# Jet/HF Dust Collector Thien mods



## woodnthings

Everyone's doin' it so I jumped in too.
Longknife's thread 
http://www.woodworkingtalk.com/f32/yes-works-25110/
inspired me to get off the couch and make this mod to my 2 Jet 1100's. I did it slightly different, leaving a small tab for the center mount. I'll see if that has any negative effects.
This was really so simple I don't know why I put it off for so long...
I cut all 3 baffles from some 3/8" particle board from a crate on the bandsaw. Aluminum brackets were pop riveted on the sides of the dust shroud. The 120 degree 19" diameter area was just eyeballed to be centered over the inlet. This mod will probably work for all HF, Jet and Grizzly dust collectors. My filters were clogged far too quickly previously and it remains to be seen how effective this mod will be. 
The shroud is shown inverted from it's normal position. BTW another observation is that the Jet inlet is opposite from the DC in Longknife's photos.

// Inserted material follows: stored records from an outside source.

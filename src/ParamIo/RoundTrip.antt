-- ===== src/ParamIo/RoundTrip.antt =====
-- common/param-io.c: what `put_param` writes, `get_param` reads back.
use mathlib.Core.List.{append_assoc, append-nil}
use native.Mathlib.Nat.{suc-add}
use viewglob.Base.{
  ℕ, zero, suc, ◌+◌, ◌-◌, ◌<◌, ◌≤◌, ◌≡◌, refl, sym, ap, ◌∙◌, Bool, true, not, ◌&&◌, List, [], ◌∷◌,
  ◌++◌, Option, some, Bytes, c_string, arith, ltb, ◌==◌, length, length-append, take, drop,
  take-append_at, if-cases,
}
use viewglob.Libs.{Libs, LibsLaws, OccursAt}
use viewglob.HardenedIo.{Reading, got, read_all, Writing, wrote, write_all}
use viewglob.HardenedIo.Reads.{goes_on, bytes_of, read_all-Reading}
use viewglob.HardenedIo.Writes.{takes_on, taken, write_all-Writing, writev_all-write_all}
use viewglob.ParamIo.{
  Parameter, p_none, param_to_string, find_param, string_to_param, buffer_size, value_end,
  NetworkOrder, Received, received, with_name, with_value, with_length, with_data, parse_param,
  get_value, get_param, message, reported, put_param,
}

-- What the C library says of htonl and ntohl, for numbers of 32 bits.
pub record NetworkOrderLaws (net : NetworkOrder) : Type 0 where
  pub four_bytes : (n : ℕ) → length (net.to_network n) ≡ 4
  pub back : (n : ℕ) → n < 4294967296 → net.from_network (net.to_network n) ≡ n

-- Each parameter is read back from its name.
pub string_to_param-param_to_string : (p : Parameter) → string_to_param (param_to_string p) ≡ p
unfolding string_to_param find_param param_to_string
string_to_param-param_to_string p_none = refl
string_to_param-param_to_string _ = refl

c_string-param_to_string : (p : Parameter) → c_string (param_to_string p) ≡ param_to_string p
unfolding param_to_string
c_string-param_to_string p_none = refl
c_string-param_to_string _ = refl

abbrev lacks : ℕ → Bytes → Bool
lacks c [] = true
lacks c (x ∷ s) = not (x == c) && lacks c s

param_to_string-lacks : (p : Parameter) → lacks b':' (param_to_string p) ≡ true
unfolding param_to_string
param_to_string-lacks p_none = refl
param_to_string-lacks _ = refl

abbrev head_or : ℕ → Bytes → ℕ
head_or d [] = d
head_or d (x ∷ s) = x

none_before :
    (c : ℕ) (s : Bytes) (i : ℕ)
    → lacks c s ≡ true
    → i < length s
    → ¬ OccursAt (s ++ c ∷ []) (c ∷ []) i
none_before c [] i h k o = absurd (omega arith)
none_before c (x ∷ s) zero h k o = let e : x ≡ c = ap (head_or 0) o in absurd (ground arith)
none_before c (x ∷ s) (suc i) h k o = none_before c s i (ground arith) (omega arith) o

-- The end of a value does not begin in the value.
abbrev pub ends_late : Bytes → Bool
ends_late [] = true
ends_late (x ∷ []) = not (x == 0o27)
ends_late (x ∷ y ∷ s) = not (x == 0o27 && y == 0o27) && ends_late (y ∷ s)

abbrev second_or : ℕ → Bytes → ℕ
second_or d (x ∷ y ∷ s) = y
second_or d _ = d

end_not_before :
    (s : Bytes) (i : ℕ)
    → ends_late s ≡ true
    → i < length s
    → ¬ OccursAt (s ++ value_end) value_end i
end_not_before [] i h k o = absurd (omega arith)
end_not_before (x ∷ []) zero h k o = let e : x ≡ 0o27 = ap (head_or 0) o in absurd (ground arith)
end_not_before (x ∷ []) (suc i) h k o = absurd (omega arith)
end_not_before (x ∷ y ∷ s) zero h k o =
    let e : x ≡ 0o27 = ap (head_or 0) o in
    let e' : y ≡ 0o27 = ap (second_or 0) o in absurd (ground arith)
end_not_before (x ∷ y ∷ s) (suc i) h k o = end_not_before (y ∷ s) i (ground arith) (omega arith) o

drop_past : (s r : Bytes) (c : ℕ) → drop (length s + 1) (s ++ c ∷ r) ≡ r
drop_past [] r c = refl
drop_past (x ∷ s) r c = rw suc-add (drop_past s r c)

module _ (libs : Libs) (laws : LibsLaws libs) where
  parse_value :
      (n v tail : Bytes) (bytes : ℕ)
      → c_string v ≡ v
      → ends_late v ≡ true
      → length v + 2 ≤ bytes - (length n + 1)
      → libs.strstr_len
          (drop (length n + 1) (n ++ b':' ∷ (v ++ (value_end ++ tail))))
          (bytes - (length n + 1))
          value_end
        ≡ some (length v)
  parse_value n v tail bytes cv ev fits =
      ap (λ u. libs.strstr_len u (bytes - (length n + 1)) value_end)
        (drop_past n (v ++ (value_end ++ tail)) b':')
      ∙ laws.strstr_len_first v value_end tail (bytes - (length n + 1)) cv (omega (arith, fits))
          (λ i k. end_not_before v i ev k)

  parse_parts :
      (n v tail : Bytes) (bytes : ℕ)
      → c_string n ≡ n
      → c_string v ≡ v
      → lacks b':' n ≡ true
      → ends_late v ≡ true
      → bytes ≡ length n + 1 + (length v + 2)
      → parse_param libs (n ++ b':' ∷ (v ++ (value_end ++ tail))) bytes
        ≡ received (string_to_param n) v
  unfolding parse_param
  parse_parts n v tail bytes cn cv ln ev e =
      let r = v ++ (value_end ++ tail) in
      let b = n ++ b':' ∷ r in
      ap (with_name libs b bytes) (
        laws.strstr_len_first n (b':' ∷ []) r bytes cn (omega (arith, e))
          (λ i k. none_before b':' n i ln k))
      ∙ ap (with_value b (length n)) (parse_value n v tail bytes cv ev (omega (arith, e)))
      ∙ ap
          (λ u.
            received (string_to_param (c_string u))
              (c_string (take (length v) (drop (length n + 1) b))))
          (take-append_at (length n) n (b':' ∷ r) refl)
      ∙ ap (λ u. received (string_to_param u) (c_string (take (length v) (drop (length n + 1) b))))
          cn
      ∙ ap (λ u. received (string_to_param n) (c_string (take (length v) u))) (drop_past n r b':')
      ∙ ap (λ u. received (string_to_param n) (c_string u))
          (take-append_at (length v) v (value_end ++ tail) refl)
      ∙ ap (λ u. received (string_to_param n) u) cv

  parse_param-message :
      (param : Parameter) (value tail : Bytes)
      → c_string value ≡ value
      → ends_late value ≡ true
      → parse_param libs (message param value ++ tail) (length (message param value))
        ≡ received param value
  parse_param-message param value tail cv ev =
      ap (λ b. parse_param libs b (length (message param value))) arranged
      ∙ parse_parts (param_to_string param) value tail _ (c_string-param_to_string param) cv
          (param_to_string-lacks param) ev measured
      ∙ ap (λ q. received q value) (string_to_param-param_to_string param)
    where
      arranged :
          message param value ++ tail
          ≡ param_to_string param ++ b':' ∷ (value ++ (value_end ++ tail))
      arranged =
          append_assoc (param_to_string param) (b':' ∷ c_string value ++ value_end) tail
          ∙ ap (λ u. param_to_string param ++ b':' ∷ u)
              (append_assoc (c_string value) value_end tail)
          ∙ ap (λ u. param_to_string param ++ b':' ∷ (u ++ (value_end ++ tail))) cv

      measured :
          length (message param value) ≡ length (param_to_string param) + 1 + (length value + 2)
      measured = omega (
        arith,
        ap (λ (u : Bytes). length u) cv,
        length-append (param_to_string param) (b':' ∷ c_string value ++ value_end),
        length-append (c_string value) value_end,
      )

  get_value-message :
      (param : Parameter) (value buf : Bytes)
      → c_string value ≡ value
      → ends_late value ≡ true
      → length (message param value) ≤ buffer_size
      → (rs later : List Reading) (c : ℕ) (cs : Bytes) → goes_on rs ≡ true
      → bytes_of rs ++ c ∷ cs ≡ message param value
      → get_value libs buf (length (message param value)) (rs ++ got (c ∷ cs) ∷ later)
        ≡ some (received param value)
  get_value-message param value buf cv ev fits rs later c cs g e =
      if-cases (λ (o : Option Received). o ≡ some (received param value))
        (ltb buffer_size (length (message param value))) (λ y. absurd (ground arith))
        (λ _.
          ap (with_data libs buf (length (message param value))) (
            ap (λ u. read_all (length u) (rs ++ got (c ∷ cs) ∷ later)) (sym e)
            ∙ (read_all-Reading rs later c cs 0 g).0)
          ∙ ap
              (λ u.
                some
                  (parse_param libs (u ++ drop (0 + length u) buf) (length (message param value))))
              e
          ∙ ap (λ x. some x)
              (parse_param-message param value (drop (0 + length (message param value)) buf) cv ev))

-- `get_param` reads back the message of a parameter, whatever its static buffer holds and in
-- whatever pieces the message arrives: for a value without NUL in which its end does not begin, if
-- the message fits the buffer.
pub get_param-message :
    (libs : Libs)
    → LibsLaws libs
    → (net : NetworkOrder) → NetworkOrderLaws net
    → (param : Parameter) (value buf : Bytes) → c_string value ≡ value
    → ends_late value ≡ true
    → length (message param value) ≤ buffer_size
    → (rs rs' later : List Reading) (c c' : ℕ) (cs cs' : Bytes) → goes_on rs ≡ true
    → goes_on rs' ≡ true
    → bytes_of rs ++ c ∷ cs ≡ net.to_network (length (message param value))
    → bytes_of rs' ++ c' ∷ cs' ≡ message param value
    → get_param libs net buf (rs ++ got (c ∷ cs) ∷ (rs' ++ got (c' ∷ cs') ∷ later))
      ≡ some (received param value)
unfolding get_param
get_param-message libs laws net nl param value buf cv ev fits rs rs' later c c' cs cs' g g' e e' =
    ap (with_length libs net buf) (
      ap (λ n. read_all n (rs ++ got (c ∷ cs) ∷ more)) (sym (ap length e ∙ nl.four_bytes _))
      ∙ (read_all-Reading rs more c cs 0 g).0)
    ∙ ap (λ n. get_value libs buf n more) (ap net.from_network e ∙ nl.back _ (omega (arith, fits)))
    ∙ get_value-message libs laws param value buf cv ev fits rs' later c' cs' g' e'
  where
    more : List Reading
    more = rs' ++ got (c' ∷ cs') ∷ later

-- If the message fits the buffer of `get_param`, and the system takes all of it, in whatever pieces
-- and with whatever interruptions: `put_param` writes the length of the message in network order and
-- then the message, and succeeds.
pub put_param-message :
    (net : NetworkOrder)
    → NetworkOrderLaws net
    → (param : Parameter) (value : Bytes) (ws later : List Writing) (rest : ℕ)
    → length (message param value) ≤ buffer_size
    → takes_on ws ≡ true
    → 0 < rest
    → taken ws + rest ≡ 4 + length (message param value)
    → put_param net param value (ws ++ wrote rest ∷ later)
      ≡ some (net.to_network (length (message param value)) ++ message param value, true)
unfolding put_param
put_param-message net nl param value ws later rest fits t k e =
    if-cases (λ (o : Option (Bytes × Bool)). o ≡ some (string, true))
      (ltb buffer_size (length text)) (λ y. absurd (ground arith))
      (λ _. ap reported (
        writev_all-write_all (header ∷ text ∷ []) (ws ++ wrote rest ∷ later)
          (omega (arith, nl.four_bytes (length text), length-append header (text ++ [])))
        ∙ ap (λ u. write_all (header ++ u) (ws ++ wrote rest ∷ later)) (append-nil text)
        ∙ ap (λ r. write_all string (ws ++ wrote r ∷ later)) {y = length string - taken ws}
            (omega (arith, e, measured))
        ∙ (write_all-Writing ws later string 0 t (omega (arith, e, k, measured))).0))
  where
    text : Bytes
    text = message param value

    header : Bytes
    header = net.to_network (length text)

    string : Bytes
    string = header ++ text

    measured : length string ≡ 4 + length text
    measured = omega (arith, nl.four_bytes (length text), length-append header text)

I referred to these threads for info:
http://www.cgallery.com/smf/index.ph....msg819#msg819
http://workingwoods.com/hot_rodding_a_DC.htm


----------



## dwendt1978

Nice work :thumbsup:


----------



## dbhost

If you can take debris hitting your impeller, you are REALLY going to like that mod. If you can't you will want to build an external separator. Either way, that Thein baffle really does the trick!


----------



## mwhals

Have you been able to run a test with it to see how effective it is compared to original?


----------



## woodnthings

*not yet*

But I'll post it up when I can. :yes: bill


----------



## xphnmn

woodnthings said:


> But I'll post it up when I can. :yes: bill


Had a chance to run any wood through it yet? If so, what's your opinion?


----------



## woodnthings

*Results!*

At least 50% improvement. Less dust on the filter by far. The only real way to test it would be a brand new clean filter...which I didn't start with only, a best clean by shaking and turning the paddles inside. But when it's warmer and I can use an air hose to blast the filter clean from outside in that will be a better test. There was no dust on the cone of the collector and just a 1/2 cup shook out of the filter and about 5 gals in the drum below.  bill


----------



## xphnmn

woodnthings said:


> At least 50% improvement. Less dust on the filter by far. The only real way to test it would be a brand new clean filter...which I didn't start with only, a best clean by shaking and turning the paddles inside. But when it's warmer and I can use an air hose to blast the filter clean from outside in that will be a better test. There was no dust on the cone of the collector and just a 1/2 cup shook out of the filter and about 5 gals in the drum below.  bill


 
I just installed a new Wynn Nano cartridge filter on mine and the only dust run through it so far was about a cup full of chips that was in the bottom of my table saw, so it looks like it's time to add the Thien baffle to help keep it clean. After I finish building my PVC piping system of course. Might be a week or two though (finances).


----------



## RetiredLE

A great write up. By the way, I noticed the dust collector on your table saw. It is much smaller (and less bulky) than other setups I have seen. Have you had a chance to try it out?


----------



## woodnthings

*Yup*

I've had variations of it for several years. If you want check out my photos to see both, a dual and a single pickup. The dual rests on the splitters for support, the single is free standing. It's still a work in progress, but it is very effective and keeps 95% of the dust out of my eyes and face spit up by the blade...and it keeps my fingers from getting too close to the blade, another great idea. Cost less than $10.00 of PVC pipe and of course a shop vac. The high velocity low volume of the shop vac works best for the high speed dust off the blade. The lower cabinet of the saws are connected to a regular dust collector, a Jet 1 1/2HP with a blast gate for each saw cabinet. 
My theory is collect as much dust as possible right at the point it is produced...and it's less likely to find it's way into the shop air and into your lungs. I have an overhead air filtration Jet 1000AB as well. And a ceiling exhaust fan/roof ventilator if all else fails. :laughing: bill


----------



## xphnmn

woodnthings said:


> At least 50% improvement. Less dust on the filter by far. The only real way to test it would be a brand new clean filter...which I didn't start with only, a best clean by shaking and turning the paddles inside. But when it's warmer and I can use an air hose to blast the filter clean from outside in that will be a better test. There was no dust on the cone of the collector and just a 1/2 cup shook out of the filter and about 5 gals in the drum below.  bill


 
Forgot to ask before. Do you think the tab you left for the bracket affected it's effectiveness at all?


----------